Abstract:
LMNA gene mutation can cause muscular dystrophy, and post-translational modification plays a critical role in regulating its function. Here, we identify that lamin A is palmitoylated at cysteine 522, 588, and 591 residues, which are reversely catalyzed by palmitoyltransferase zinc finger DHHC-type palmitoyltransferase 5 (ZDHHC5) and depalmitoylase α/β hydrolase domain 7 (ABHD7). Furthermore, the metabolite lactate promotes palmitoylation of lamin A by inhibiting the interaction between it and ABHD7. Interestingly, low-level palmitoylation of lamin A promotes, whereas high-level palmitoylation of lamin A inhibits, murine myoblast differentiation.
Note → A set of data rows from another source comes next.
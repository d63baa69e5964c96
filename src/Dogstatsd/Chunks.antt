-- ===== src/Dogstatsd/Chunks.antt =====
-- util.py, chunks.
use dd_agent.Prelude.{
  ℕ, zero, suc, ◌+◌, ◌≤◌, ◌<◌, ◌≡◌, ◌∙◌, refl, ap, sym, Option, none, some, List, [], ◌∷◌, ◌++◌,
  Bool, true, false, length, All, arith, Bool-cases, inl, inr,
}

module _ {A : Type 0} where
  -- The loop that fills a chunk: the chunk, what is left, and whether the iterable has ended.
  unfoldable pub fill : ℕ → List A → List A × List A × Bool
  fill zero xs = ([], xs, false)
  fill (suc k) [] = ([], [], true)
  fill (suc k) (x ∷ xs) = let (chunk, rest, ended) = fill k xs in (x ∷ chunk, rest, ended)

  -- if count: yield chunk[:count]
  abbrev pub last_chunk : List A → List (List A)
  last_chunk [] = []
  last_chunk (x ∷ chunk) = (x ∷ chunk) ∷ []

  -- The chunks that are yielded, over a bound on their number; `none` if there are more.
  unfoldable pub chunks_within : ℕ → List A → ℕ → Option (List (List A))
  unfolding fill
  chunks_within zero xs n = none
  chunks_within (suc f) xs n =
      let (chunk, rest, ended) = fill n xs in
      let more = chunks_within f rest n in
      elim ended [
        | true ↦ some (last_chunk chunk)
        | false ↦ elim more [ none ↦ none | some cs ↦ some (chunk ∷ cs) ]
      ]

  -- One call more than there are elements is enough, unless chunk_size is 0.
  unfoldable pub chunks : List A → ℕ → Option (List (List A))
  unfolding chunks_within
  chunks xs n = chunks_within (suc (length xs)) xs n

  abbrev pub concat : List (List A) → List A
  concat [] = []
  concat (xs ∷ xss) = xs ++ concat xss

  -- A chunk has an element, and no more than n.
  abbrev pub IsChunk : ℕ → List A → Type 0
  IsChunk n c = (0 < length c) × (length c ≤ n)

  abbrev Fills : ℕ → List A → List A × List A × Bool → Type 0
  Fills n xs (chunk, rest, ended) =
      (chunk ++ rest ≡ xs)
      × (length chunk ≤ n)
      × (length chunk + length rest ≡ length xs)
      × (ended ≡ false → length chunk ≡ n)
      × (ended ≡ true → rest ≡ [])

  fill-Fills : (n : ℕ) (xs : List A) → Fills n xs (fill n xs)
  unfolding fill
  fill-Fills zero xs = (refl, omega arith, omega arith, (λ e. refl), (λ e. cc))
  fill-Fills (suc k) [] = (refl, omega arith, refl, (λ e. cc), (λ e. refl))
  fill-Fills (suc k) (x ∷ xs) =
      let (whole, short, sum, full, none_left) = fill-Fills k xs in
      (
        ap (◌∷◌ x) whole,
        omega (arith, short),
        omega (arith, sum),
        (λ e. ap suc (full e)),
        none_left,
      )

  last_chunk-IsChunk : (n : ℕ) (c : List A) → length c ≤ n → All (IsChunk n) (last_chunk c)
  last_chunk-IsChunk n [] h = tt
  last_chunk-IsChunk n (x ∷ c) h = ((omega arith, h), tt)

  concat-last_chunk : (c : List A) → concat (last_chunk c) ≡ c ++ []
  concat-last_chunk [] = refl
  concat-last_chunk (x ∷ c) = refl

  chunks_within-splits :
      (f n : ℕ) (xs : List A)
      → 0 < n
      → length xs < f
      → (cs : List (List A)) × (chunks_within f xs n ≡ some cs)
        × (concat cs ≡ xs)
        × All (IsChunk n) cs
  unfolding chunks_within
  chunks_within-splits zero n xs h l = absurd (omega arith)
  chunks_within-splits (suc f) n xs h l =
      let (whole, short, sum, full, none_left) = fill-Fills n xs in
      elim (Bool-cases (fill n xs).2) [
        | inl e ↦ (
          last_chunk (fill n xs).0,
          simp (e, chunks_within) refl,
          concat-last_chunk (fill n xs).0
              ∙ ap (λ r. (fill n xs).0 ++ r) (sym (none_left e))
              ∙ whole,
          last_chunk-IsChunk n (fill n xs).0 short,
        )
        | inr e ↦
            let size = full e in
            let (cs, more, joined, good) =
              chunks_within-splits f n (fill n xs).1 h (omega (arith, sum, size)) in
            (
              (fill n xs).0 ∷ cs,
              simp (e, more, chunks_within) refl,
              ap (λ r. (fill n xs).0 ++ r) joined ∙ whole,
              ((omega (arith, size), short), good),
            )
      ]

  -- With a chunk size above 0, chunks ends, and its chunks in their order are the elements of the
  -- iterable, none lost and none twice; each of them has an element and at most chunk_size.
  pub chunks-splits :
      (xs : List A) (n : ℕ)
      → 0 < n
      → (cs : List (List A)) × (chunks xs n ≡ some cs) × (concat cs ≡ xs) × All (IsChunk n) cs
  unfolding chunks
  chunks-splits xs n h = chunks_within-splits (suc (length xs)) n xs h (omega arith)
Together, these observations suggest that ABHD7-mediated depalmitoylation of lamin A controls myoblast differentiation.
摘要:
LMNA基因突变可引起肌营养不良,翻译后修饰在调节其功能中起着关键作用。这里,我们确定层粘连蛋白A在半胱氨酸522、588和591个残基处被棕榈酰化,它们由棕榈酰基转移酶锌指DHHC型棕榈酰基转移酶5(ZDHHC5)和脱棕榈酰基转移酶α/β水解酶结构域7(ABHD7)反向催化。此外,代谢产物乳酸通过抑制层粘连蛋白A与ABHD7之间的相互作用来促进层粘连蛋白A的棕榈酰化。有趣的是,层粘连蛋白A的低水平棕榈酰化促进,而高水平的层粘连蛋白A的棕榈酰化抑制,小鼠成肌细胞分化。一起,这些观察结果表明,ABHD7介导的层粘连蛋白A的脱棕榈酰化控制成肌细胞分化。